Reproduce the entries below in full and without error.

Collected data entries:

•••

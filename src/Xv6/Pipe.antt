-- ===== src/Xv6/Pipe.antt =====
-- Pipes: pipe.c of B22CS052/Helpful. A pass ends with the return of the call or with its sleep.
pub mod Laws
use os_project.Base.{
  ℕ, zero, suc, ◌+◌, ◌%◌, Bool, true, false, not, ◌&&◌, ◌||◌, List, [], ◌∷◌, ◌==◌, if◌then◌else◌,
  update, add32,
}

abbrev pub pipesize : ℕ
pipesize = 512

pub record Pipe : Type 0 where
  pub bytes : ℕ → ℕ
  pub nread : ℕ
  pub nwrite : ℕ
  pub readopen : Bool
  pub writeopen : Bool
  pub read_wakes : ℕ  -- the calls of `wakeup(&p->nread)`
  pub write_wakes : ℕ  -- the calls of `wakeup(&p->nwrite)`
  pub freed : Bool

-- The fields that `pipealloc` sets in a page from `kalloc`, whose bytes are arbitrary.
unfoldable pub pipealloc : (ℕ → ℕ) → Pipe
pipealloc page = record {
  bytes = page;
  nread = 0;
  nwrite = 0;
  readopen = true;
  writeopen = true;
  read_wakes = 0;
  write_wakes = 0;
  freed = false;
}

unfoldable pub pipeclose : Bool → Pipe → Pipe
pipeclose writable p =
    let p' : Pipe =
      if writable
      then record p { writeopen = false; read_wakes = p.read_wakes + 1 }
      else record p { readopen = false; write_wakes = p.write_wakes + 1 } in
    if not p'.readopen && not p'.writeopen then record p' { freed = true } else p'

-- How a pass ends: with a return, with -1, or asleep with the bytes that are still to be written.
pub data WriteEnd : Type 0 where
  written : WriteEnd
  refused : WriteEnd
  write_asleep : List ℕ → WriteEnd

-- `p->data[p->nwrite++ % PIPESIZE] = c`
unfoldable pub put_byte : ℕ → Pipe → Pipe
put_byte c p = record p {
  bytes = update p.bytes (p.nwrite % pipesize) (c % 256);
  nwrite = add32 p.nwrite 1;
}

abbrev pub wake_readers : Pipe → Pipe
wake_readers p = record p { read_wakes = p.read_wakes + 1 }

-- `pipewrite` on the bytes of `addr`, for a process that is or is not killed.
unfoldable pub pipewrite : Bool → List ℕ → Pipe → WriteEnd × Pipe
pipewrite killed [] p = (written, wake_readers p)
pipewrite killed (c ∷ cs) p =
    let more = pipewrite killed cs (put_byte c p) in
    if p.nwrite == add32 p.nread pipesize
    then (if not p.readopen || killed
        then (refused, p)
        else (write_asleep (c ∷ cs), wake_readers p))
    else more

-- The copy loop of `piperead`.
unfoldable pub copy_bytes : ℕ → Pipe → List ℕ × Pipe
copy_bytes zero p = ([], p)
copy_bytes (suc n) p =
    let more = copy_bytes n (record p { nread = add32 p.nread 1 }) in
    if p.nread == p.nwrite then ([], p) else (p.bytes (p.nread % pipesize) ∷ more.0, more.1)

pub data ReadEnd : Type 0 where
  returned : List ℕ → ReadEnd
  killed_reader : ReadEnd
  read_asleep : ReadEnd

-- `piperead` for `n` bytes.
unfoldable pub piperead : Bool → ℕ → Pipe → ReadEnd × Pipe
piperead killed n p =
    if p.nread == p.nwrite && p.writeopen
    then (if killed then (killed_reader, p) else (read_asleep, p))
    else (let (copied, p') = copy_bytes n p in
        (returned copied, record p' { write_wakes = p'.write_wakes + 1 }))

•••

> OUTPUT BELOW
filename src/Xv6/Pipe.antt
-- ===== src/Xv6/Pipe.antt =====
-- Pipes: pipe.c of B22CS052/Helpful. A pass ends with the return of the call or with its sleep.
pub mod Laws
use os_project.Base.{
  ℕ, zero, suc, ◌+◌, ◌%◌, Bool, true, false, not, ◌&&◌, ◌||◌, List, [], ◌∷◌, ◌==◌, if◌then◌else◌,
  update, add32,
}

abbrev pub pipesize : ℕ
pipesize = 512

pub record Pipe : Type 0 where
  pub bytes : ℕ → ℕ
  pub nread : ℕ
  pub nwrite : ℕ
  pub readopen : Bool
  pub writeopen : Bool
  pub read_wakes : ℕ  -- the calls of `wakeup(&p->nread)`
  pub write_wakes : ℕ  -- the calls of `wakeup(&p->nwrite)`
  pub freed : Bool

-- The fields that `pipealloc` sets in a page from `kalloc`, whose bytes are arbitrary.
unfoldable pub pipealloc : (ℕ → ℕ) → Pipe
pipealloc page = record {
  bytes = page;
  nread = 0;
  nwrite = 0;
  readopen = true;
  writeopen = true;
  read_wakes = 0;
  write_wakes = 0;
  freed = false;
}

unfoldable pub pipeclose : Bool → Pipe → Pipe
pipeclose writable p =
    let p' : Pipe =
      if writable
      then record p { writeopen = false; read_wakes = p.read_wakes + 1 }
      else record p { readopen = false; write_wakes = p.write_wakes + 1 } in
    if not p'.readopen && not p'.writeopen then record p' { freed = true } else p'

-- How a pass ends: with a return, with -1, or asleep with the bytes that are still to be written.
pub data WriteEnd : Type 0 where
  written : WriteEnd
  refused : WriteEnd
  write_asleep : List ℕ → WriteEnd

-- `p->data[p->nwrite++ % PIPESIZE] = c`
unfoldable pub put_byte : ℕ → Pipe → Pipe
put_byte c p = record p {
  bytes = update p.bytes (p.nwrite % pipesize) (c % 256);
  nwrite = add32 p.nwrite 1;
}

abbrev pub wake_readers : Pipe → Pipe
wake_readers p = record p { read_wakes = p.read_wakes + 1 }

-- `pipewrite` on the bytes of `addr`, for a process that is or is not killed.
unfoldable pub pipewrite : Bool → List ℕ → Pipe → WriteEnd × Pipe
pipewrite killed [] p = (written, wake_readers p)
pipewrite killed (c ∷ cs) p =
    let more = pipewrite killed cs (put_byte c p) in
    if p.nwrite == add32 p.nread pipesize
    then (if not p.readopen || killed
        then (refused, p)
        else (write_asleep (c ∷ cs), wake_readers p))
    else more

-- The copy loop of `piperead`.
unfoldable pub copy_bytes : ℕ → Pipe → List ℕ × Pipe
copy_bytes zero p = ([], p)
copy_bytes (suc n) p =
    let more = copy_bytes n (record p { nread = add32 p.nread 1 }) in
    if p.nread == p.nwrite then ([], p) else (p.bytes (p.nread % pipesize) ∷ more.0, more.1)

pub data ReadEnd : Type 0 where
  returned : List ℕ → ReadEnd
  killed_reader : ReadEnd
  read_asleep : ReadEnd

-- `piperead` for `n` bytes.
unfoldable pub piperead : Bool → ℕ → Pipe → ReadEnd × Pipe
piperead killed n p =
    if p.nread == p.nwrite && p.writeopen
    then (if killed then (killed_reader, p) else (read_asleep, p))
    else (let (copied, p') = copy_bytes n p in
        (returned copied, record p' { write_wakes = p'.write_wakes + 1 }))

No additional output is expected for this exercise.